From the letters that have come to America and are shared by the circle of her friends here I select one, written in answer to a request that she send a message of her philosophy to the students of a women’s college who had asked me to tell the story of the Russian revolution as personified in her:

“October 20, 1913, Kirensk.

“Very dear and well-beloved Lillian:—

“Your letter, as well as the postal cards which you were good enough to send me, were received by me several days ago, and perhaps it is with the last mail that I send you this reply. Snow already covers the mountainous borders of the superb Lena, and frost will soon fill the waters with masses of ice, which will interrupt all communications for two or three weeks, leaving us isolated on our little island, entirely engulfed by cold, badly treated by the north wind. I hasten, therefore, to thank you for your indefatigable attention towards the old recluse who, habituated as she is to pass her days now and again imprisoned or exiled, rejoices, nevertheless, to find herself loved—to feel that the most noble hearts beat in unison with hers.

“It is strange! Every time that I am asked to speak about myself I am always confused and find nothing to say. It is very likely that if I paid more attention to the exterior circumstances of my life there would be enough to talk about that would fill more than a book. But ever since my childhood I have had the habit of creating a spiritual life, an interior world, which responded better to my spiritual taste. This imaginary world has had the upper hand over the real world in its details, over all that is transient.

“The aim of our existence, the perfecting of human nature, was always present to my vision, in my mind. The route, the direction that we ought to take in order to approach our ideal, was for me a problem, the solution of which absorbed the efforts of my entire life. I was implacable for myself, for my weaknesses, knowing that to serve a divine cause we must sincerely love the object of our devotion, that is to say, in this case, humanity.

“These meditations, and a vigorous imagination, which always carried me far beyond the present, permitting me to inhabit the most longed-for regions, combined to attract very little of my attention to daily circumstances.

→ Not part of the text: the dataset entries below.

-- ===== src/Recovery/Places.antt =====
-- Where the two processes can be, and the loads of the foreground one after another.
use persimmon.Base.{
  ℕ, ◌≡◌, ◌≢◌, refl, ap, fun_ext, ◌⊎◌, ◌∙◌, true, false, List, [], ◌∷◌, ◌++◌, Memory,
}
use persimmon.Region.{Region}
use persimmon.RegionFile.{Try, failed, ok, ◌>>=◌}
use persimmon.Recovery.{ℤ, is_sentinel}
use persimmon.Recovery.Steps.{
  Background, sending, waiting, resumed, aborted, Foreground, signalled, returned, failed_to_close,
}

pub false≢true : false ≢ true
false≢true e = cc

-- The background process has not read the byte.
abbrev pub Early : Background → Type 0
Early (sending msgs) = Unit
Early waiting = Unit
Early resumed = ⊥
Early aborted = ⊥

-- It has read the byte, or can do so.
abbrev pub Woken : ℕ → Background → Type 0
Woken ftb (sending msgs) = ftb ≡ 1
Woken ftb waiting = ftb ≡ 1
Woken ftb resumed = Unit
Woken ftb aborted = ⊥

abbrev pub Alive : Background → Type 0
Alive (sending msgs) = Unit
Alive waiting = Unit
Alive resumed = Unit
Alive aborted = ⊥

abbrev pub NotResumed : Background → Type 0
NotResumed (sending msgs) = Unit
NotResumed waiting = Unit
NotResumed resumed = ⊥
NotResumed aborted = Unit

pub wakes : (b : Background) (ftb : ℕ) → ftb ≡ 1 → Early b → Woken ftb b
wakes (sending msgs) ftb e y = e
wakes waiting ftb e y = e
wakes resumed ftb e y = absurd y
wakes aborted ftb e y = absurd y

pub Early-NotResumed : (b : Background) → Early b → NotResumed b
Early-NotResumed (sending msgs) y = tt
Early-NotResumed waiting y = tt
Early-NotResumed resumed y = absurd y
Early-NotResumed aborted y = absurd y

-- The foreground has written its byte: it closes the pipe, or has returned 0, or the error of `close`.
abbrev pub HasSignalled : List Region → ℤ → Foreground → Type 0
HasSignalled rs t f =
    (f ≡ signalled rs t) ⊎ (f ≡ returned rs t) ⊎ ((e : ℕ) × (f ≡ failed_to_close rs t e))

abbrev pub NotSentinel : Region → Type 0
NotSentinel r = is_sentinel r ≡ false

-- The bodies of the loop, one after another.
abbrev pub load_all : (Region → Memory → Try Memory) → List Region → Memory → Try Memory
load_all load [] m = ok m
load_all load (r ∷ rs) m = load r m >>= load_all load rs

>>=-ok : (t : Try Memory) → (t >>= λ m. ok m) ≡ t
>>=-ok (ok m) = refl
>>=-ok (failed e) = refl

>>=-assoc :
    (t : Try Memory) (f g : Memory → Try Memory) → (t >>= λ m. f m >>= g) ≡ ((t >>= f) >>= g)
>>=-assoc (ok m) f g = refl
>>=-assoc (failed e) f g = refl

pub load_all-append :
    (load : Region → Memory → Try Memory) (rs : List Region) (r : Region) (m : Memory)
    → load_all load (rs ++ (r ∷ [])) m ≡ (load_all load rs m >>= load r)
load_all-append load [] r m = >>=-ok (load r m)
load_all-append load (r' ∷ rs) r m =
    ap (λ (g : Memory → Try Memory). load r' m >>= g) (fun_ext (load_all-append load rs r))
    ∙ >>=-assoc (load r' m) (load_all load rs) (load r)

“Without doubt, I have had suffering in my life, as I have had moments of joy, of happiness even. It is also true that the struggle with my failings, with the habits engrafted by a worldly education, have cost me more or less dearly. The misery of those near to me tore my heart to the extreme. In a word, life has passed in the same way as a bark thrown upon the mercy of a sea often stormy. But as the ideal was always there, present in my heart and in my mind, it guided me in my course, it absorbed me to such a degree that I did not feel in all their integrity the influences of passing events. The duty to serve the divine cause of humanity in its entirety, that of my people in particular, was the law of my life,—the supreme law, whose voice stilled my passions, my desires, in short, my weaknesses....

“Since I live in my thoughts more than by emotion, it is my thoughts that I have to confess more than the facts of my life. These facts, to tell the truth, are sufficiently confused in my memory, and often I would not be able to relate them in all their details. Also, in conversing with those who care to listen to me, I feel that I am monotonous, for it is always my ideas and my abstract observations that I want to communicate to my listeners. I have studied a great deal in order to understand even ever so little of the origin of the human soul, in order to understand more or less its complexity of to-day. There lies my only strength, so to speak, and I continue my study, knowing how complex my object of study is, and what an innumerable quantity of different combinations, of types, of low types, have been formed during the long history of the laboratory where is prepared the supreme fusion called the human soul.